SUPPLIED MATERIAL:
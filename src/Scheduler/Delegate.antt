-- ===== src/Scheduler/Delegate.antt =====
-- Scheduler.delegate of harness/scheduler/service.py: a run starts a child with no more rights than
-- it has itself.
use Prim.Native.String.{◌++◌ as text_append}
use mi_harness.Prelude.{
  ◌+◌, String, false, not, ◌&&◌, Option, none, some, List, [], ◌∷◌, ltb, same, get_or_else,
  every_in,
}
use mi_harness.Prelude.Int.{pos}
use mi_harness.Prelude.Sets.{sorted_set}
use mi_harness.Exec.{
  pure, transaction, new_id, utc_now, ◌>>=◌, ◌>>◌, require, or_raise, delegation_conflict,
  delegation_limit, child_permission, key_error,
}
use mi_harness.Core.{RunStatus, ExecutionContext, OperationKey}
use mi_harness.Host.{Host}
use mi_harness.Store.Schema.{
  PolicyDocument, Snapshot, Payload, RunInput, RunRow, DependencyRow, Db, text, status, null,
}
use mi_harness.Store.Records
use mi_harness.Store.Branches.{add_branch}
use mi_harness.Store.Runs.{run, insert_run}
use mi_harness.Store.Events.{event}
use mi_harness.Store.Waits.{dependency, add_dependency}
use mi_harness.Store.Budget.{reserve, settle}
use mi_harness.Policy.Engine.{effective, as_snapshot}
use mi_harness.Scheduler.Transition.{event_state}
use mi_harness.Scheduler.Submit.{SchedulerConfig}
use mi_harness.Scheduler.Claim.{boundary}
use mi_harness.Model.Access.{as_profile}

pub record DelegationRequest : Type 0 where
  pub goal : String
  pub completion_criteria : String
  pub capabilities : Option (List String)

abbrev request_texts : DelegationRequest → List String
request_texts q =
    q.goal
    ∷ q.completion_criteria
    ∷ (elim q.capabilities [ none ↦ [] | some cs ↦ "capabilities" ∷ cs ])

abbrev effective_ref : Option Payload → Option String
effective_ref (some (Payload.model_control c)) = some c.effective_profile_ref
effective_ref _ = none

-- The snapshot of a child uses the model that its parent has switched to.
unfoldable pub switch_model : Option String → Snapshot → Db Snapshot
switch_model none s = pure s
switch_model (some ref) s = do
  saved ← Records.get "model_profiles" ref
  profile ← or_raise key_error (as_profile saved)
  pure (record s { model_policy_ref = ref; model_profile = profile })

-- {**snapshot["policy"], "capabilities": sorted(requested)}
abbrev pub limit_policy : PolicyDocument → List String → PolicyDocument
limit_policy p requested = record p { capabilities = some (sorted_set requested) }

abbrev pub requested_of : DelegationRequest → List String → List String
requested_of q allowed = get_or_else q.capabilities allowed

module _ (host : Host) (config : SchedulerConfig) where
  abbrev pub delegation_key : OperationKey → String
  delegation_key key = host.content_hash (key.run_id ∷ key.message_id ∷ key.tool_call_id ∷ [])

  -- The snapshot of the child, with the rights that were asked for.
  unfoldable pub child_snapshot : ExecutionContext → List String → String → Db Snapshot
  unfolding switch_model
  child_snapshot ctx requested sid = do
    saved ← Records.get "snapshots" ctx.config_snapshot_id
    s ← or_raise key_error (as_snapshot saved)
    control ← Records.get "run_model_controls" ctx.run_id
    switched ← switch_model (effective_ref control) s
    policy ← or_raise key_error switched.policy
    pure (record switched {
      config_snapshot_id = some sid;
      policy = some (limit_policy policy requested);
    })

  abbrev child_input : DelegationRequest → RunInput
  child_input q = record {
    text = text_append q.goal (text_append "\n完成标准：" q.completion_criteria);
    content_parts = record { kind = "text"; text = some q.goal; artifact_ref = none } ∷ [];
    attachment_refs = [];
  }

  unfoldable pub new_child :
      ExecutionContext
      → DelegationRequest
      → RunRow
      → String
      → String
      → Snapshot
      → String
      → Db RunRow
  new_child ctx q parent key sid s args_hash = do
    b ← add_branch parent.session_id none none none
    rid ← new_id
    now ← utc_now
    child ← insert_run (record {
      id = rid;
      owner_id = ctx.owner_id;
      workspace_id = ctx.workspace_id;
      session_id = ctx.session_id;
      branch_id = b.id;
      root_run_id = ctx.root_run_id;
      parent_run_id = some ctx.run_id;
      status = RunStatus.queued;
      revision = 1;
      input_revision = 1;
      snapshot_id = sid;
      input = child_input q;
      checkpoint_ref = none;
      result_ref = none;
      error = none;
      deadline_at = parent.deadline_at;
      created_at = now;
      updated_at = now;
      next_event_seq = 1;
      fencing_token = 0;
      attempt_id = none;
      cancel_requested = false;
      required_interrupts = [];
      depth = parent.depth + 1;
    })
    host.run_created_hook child s
    add_dependency ctx.run_id rid key args_hash
    settle (text_append "child:" key) (some (("children", pos 1) ∷ []))
    event ctx.run_id "child.created" (
        ("child_run_id", text rid)
        ∷ ("goal_summary", text q.goal)
        ∷ ("status", status RunStatus.queued)
        ∷ ("result_ref", null)
        ∷ [])
    event_state child "run.queued" none
    pure child

  unfoldable pub start_child : ExecutionContext → DelegationRequest → String → String → Db RunRow
  unfolding new_child
  start_child ctx q key args_hash = do
    parent ← run ctx.run_id none
    root ← run ctx.root_run_id none
    require
        (not root.cancel_requested
          && not parent.cancel_requested
          && ltb parent.depth config.max_depth)
        delegation_limit
    policy ← effective host ctx
    let requested : List String = requested_of q policy.capabilities
    require (every_in requested policy.capabilities) child_permission
    reserve ctx.root_run_id (text_append "child:" key) (("children", pos 1) ∷ [])
    sid ← new_id
    s ← child_snapshot ctx requested sid
    Records.put "snapshots" sid (Payload.snapshot s)
    new_child ctx q parent key sid s args_hash

  unfoldable pub saved_or_start :
      Option DependencyRow → ExecutionContext → DelegationRequest → String → String → Db RunRow
  saved_or_start none ctx q key args_hash = start_child ctx q key args_hash
  saved_or_start (some x) ctx q key args_hash = do
    require (same x.args_hash args_hash) delegation_conflict
    run x.child_id none

  -- Scheduler.delegate
  unfoldable pub delegate : ExecutionContext → OperationKey → DelegationRequest → Db RunRow
  unfolding saved_or_start start_child
  delegate ctx key q = do
    let hashed : String = delegation_key key
    let args_hash : String = host.content_hash (request_texts q)
    transaction
        (do boundary ctx; saved ← dependency hashed; saved_or_start saved ctx q hashed args_hash)
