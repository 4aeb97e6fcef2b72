-- ===== src/Database.antt =====
-- app/db/session.py: the life of the engine and the transaction around a request. What the request
-- does to the database is a step on a working copy, which SQLAlchemy makes the database's state
-- at a commit and drops at a rollback; a body that commits by itself is not covered.
mod Tests
pub mod Schema
pub mod Models
pub mod Migrations
use unitra_service_api.Common.{
  ◌≡◌, refl, Bool, true, false, Option, none, some, inl, inr, Bool-cases, if◌then◌else◌,
}
use unitra_service_api.Common.Text.{Text, codes}
use unitra_service_api.Errors.Handlers.{Raised}
use unitra_service_api.Api.Action.{Outcome, returned, raised, Action}

-- Whether `_engine` and `_async_session_factory` are set.
pub record Globals : Type 0 where
  pub engine : Bool
  pub session_factory : Bool

unfoldable pub init_db : Globals → Globals
init_db g = record { engine = true; session_factory = true }

abbrev disposed : Outcome Unit → Action Globals Unit
disposed (returned _) g = (returned tt, record g { engine = false })
disposed (raised e) g = (raised e, g)

-- `close_db`, with what `_engine.dispose()` comes to, if there is an engine: one that raises leaves
-- `_engine` as it is. The session factory stays.
unfoldable pub close_db : Outcome Unit → Action Globals Unit
close_db dispose g = if g.engine then disposed dispose g else (returned tt, g)

module _ {D A : Type 0} where
  -- The end of a session whose body has returned: `commit_error` is the error of the commit. The
  -- database before and the working copy are given.
  unfoldable pub end_session : Option Text → D → Outcome A × D → Outcome A × D
  end_session commit_error before (raised e, working) = (raised e, before)
  end_session none before (returned a, working) = (returned a, working)
  end_session (some e) before (returned a, working) = (raised (Raised.unexpected e), before)

  -- `get_db_session` around the body of a request.
  unfoldable pub with_session : Globals → Option Text → Action D A → Action D A
  unfolding end_session
  with_session g commit_error body d = elim g.session_factory [
    | false ↦
        (raised (Raised.unexpected (codes "Database not initialized. Call init_db() first.")), d)
    | true ↦ end_session commit_error d (body d)
  ]

  -- A session that ends with an error has left the database as it was.
  end_session_atomic :
      (commit_error : Option Text) (before : D) (run : Outcome A × D) (e : Raised)
      → (end_session commit_error before run).0 ≡ raised e
      → (end_session commit_error before run).1 ≡ before
  unfolding end_session
  end_session_atomic commit_error before (raised f, working) e h = refl
  end_session_atomic none before (returned a, working) e h = cc
  end_session_atomic (some f) before (returned a, working) e h = refl

  -- If a request with a session, which makes no commit of its own, raises, from its own code or from
  -- the commit, the database is as it was before.
  pub with_session_atomic :
      (g : Globals) (commit_error : Option Text) (body : Action D A) (d : D) (e : Raised)
      → (with_session g commit_error body d).0 ≡ raised e
      → (with_session g commit_error body d).1 ≡ d
  unfolding with_session
  with_session_atomic g commit_error body d e h = elim (Bool-cases g.session_factory) [
    | inr closed ↦ rw (with_session, closed) refl
    | inl opened ↦
        rw (with_session, opened)
          (end_session_atomic commit_error d (body d) e (rw (with_session, opened) at h))
  ]
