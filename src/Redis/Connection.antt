-- ===== src/Redis/Connection.antt =====
-- The connection of app/db/redis.py: the life of a `RedisClient` and of the module's client. The
-- library's connections are a parameter; where the source awaits it, what the library answers is an
-- argument.
use unitra_service_api.Common.{◌≡◌, refl, Bool, false, Option, none, some}
use unitra_service_api.Common.Text.{codes}
use unitra_service_api.Errors.Handlers.{Raised}
use unitra_service_api.Api.Action.{Outcome, returned, raised, Action}

-- A `RedisClient` is its `_client`, and `_redis_client` a client or nothing.
abbrev pub RedisClient : Type 0 → Type 0
RedisClient C = Option C

abbrev pub Global : Type 0 → Type 0
Global C = Option (RedisClient C)

module _ {C : Type 0} where
  -- `RedisClient.client`
  unfoldable pub client : RedisClient C → Outcome C
  client none = raised (Raised.unexpected (codes "Redis not initialized. Call connect() first."))
  client (some c) = returned c

  -- `RedisClient.connect`: `redis.from_url` makes a connection or raises.
  unfoldable pub connect : Outcome C → Action (RedisClient C) Unit
  connect (returned c) self = (returned tt, some c)
  connect (raised e) self = (raised e, self)

  abbrev closed : C → Outcome Unit → Outcome Unit × RedisClient C
  closed c (returned _) = (returned tt, none)
  closed c (raised e) = (raised e, some c)

  -- `RedisClient.close`: a close that raises leaves `_client` as it is.
  unfoldable pub close : (C → Outcome Unit) → Action (RedisClient C) Unit
  close close_connection none = (returned tt, none)
  close close_connection (some c) = closed c (close_connection c)

  -- `RedisClient.ping`
  unfoldable pub ping : (C → Outcome Bool) → RedisClient C → Bool
  ping ping_connection none = false
  ping ping_connection (some c) = elim (ping_connection c) [
    | returned answer ↦ answer
    | raised e ↦ false
  ]

  -- `init_redis`: the new client is set before it is connected.
  unfoldable pub init_redis : Outcome C → Action (Global C) Unit
  unfolding connect
  init_redis from_url global = let (o, self) = connect from_url none in (o, some self)

  abbrev unset : Outcome Unit × RedisClient C → Outcome Unit × Global C
  unset (returned _, self) = (returned tt, none)
  unset (raised e, self) = (raised e, some self)

  -- `close_redis`
  unfoldable pub close_redis : (C → Outcome Unit) → Action (Global C) Unit
  close_redis close_connection none = (returned tt, none)
  close_redis close_connection (some self) = unset (close close_connection self)

  -- `get_redis`, and `get_redis_client`, which yields it.
  unfoldable pub get_redis : Global C → Outcome (RedisClient C)
  get_redis none =
      raised (Raised.unexpected (codes "Redis not initialized. Call init_redis() first."))
  get_redis (some self) = returned self

  -- A connection that closes leaves the module without a client.
  pub close_redis_connected :
      (close_connection : C → Outcome Unit) (c : C)
      → close_connection c ≡ returned tt
      → close_redis close_connection (some (some c)) ≡ (returned tt, none)
  unfolding close_redis close
  close_redis_connected close_connection c h = rw h refl

  -- One that does not close leaves the client set, with its connection.
  pub close_redis_stuck :
      (close_connection : C → Outcome Unit) (c : C) (e : Raised)
      → close_connection c ≡ raised e
      → close_redis close_connection (some (some c)) ≡ (raised e, some (some c))
  unfolding close_redis close
  close_redis_stuck close_connection c e h = rw h refl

WORK TO COMPLETE:
Up to and including the line with "abbrev pub limit_policy", restate the records above word for word from the very first line.

ANSWER FOR THIS EXERCISE:
filename src/Scheduler/Delegate.antt
-- ===== src/Scheduler/Delegate.antt =====
-- Scheduler.delegate of harness/scheduler/service.py: a run starts a child with no more rights than
-- it has itself.
use Prim.Native.String.{◌++◌ as text_append}
use mi_harness.Prelude.{
  ◌+◌, String, false, not, ◌&&◌, Option, none, some, List, [], ◌∷◌, ltb, same, get_or_else,
  every_in,
}
use mi_harness.Prelude.Int.{pos}
use mi_harness.Prelude.Sets.{sorted_set}
use mi_harness.Exec.{
  pure, transaction, new_id, utc_now, ◌>>=◌, ◌>>◌, require, or_raise, delegation_conflict,
  delegation_limit, child_permission, key_error,
}
use mi_harness.Core.{RunStatus, ExecutionContext, OperationKey}
use mi_harness.Host.{Host}
use mi_harness.Store.Schema.{
  PolicyDocument, Snapshot, Payload, RunInput, RunRow, DependencyRow, Db, text, status, null,
}
use mi_harness.Store.Records
use mi_harness.Store.Branches.{add_branch}
use mi_harness.Store.Runs.{run, insert_run}
use mi_harness.Store.Events.{event}
use mi_harness.Store.Waits.{dependency, add_dependency}
use mi_harness.Store.Budget.{reserve, settle}
use mi_harness.Policy.Engine.{effective, as_snapshot}
use mi_harness.Scheduler.Transition.{event_state}
use mi_harness.Scheduler.Submit.{SchedulerConfig}
use mi_harness.Scheduler.Claim.{boundary}
use mi_harness.Model.Access.{as_profile}

pub record DelegationRequest : Type 0 where
  pub goal : String
  pub completion_criteria : String
  pub capabilities : Option (List String)

abbrev request_texts : DelegationRequest → List String
request_texts q =
    q.goal
    ∷ q.completion_criteria
    ∷ (elim q.capabilities [ none ↦ [] | some cs ↦ "capabilities" ∷ cs ])

abbrev effective_ref : Option Payload → Option String
effective_ref (some (Payload.model_control c)) = some c.effective_profile_ref
effective_ref _ = none

-- The snapshot of a child uses the model that its parent has switched to.
unfoldable pub switch_model : Option String → Snapshot → Db Snapshot
switch_model none s = pure s
switch_model (some ref) s = do
  saved ← Records.get "model_profiles" ref
  profile ← or_raise key_error (as_profile saved)
  pure (record s { model_policy_ref = ref; model_profile = profile })

-- {**snapshot["policy"], "capabilities": sorted(requested)}
abbrev pub limit_policy : PolicyDocument → List String → PolicyDocument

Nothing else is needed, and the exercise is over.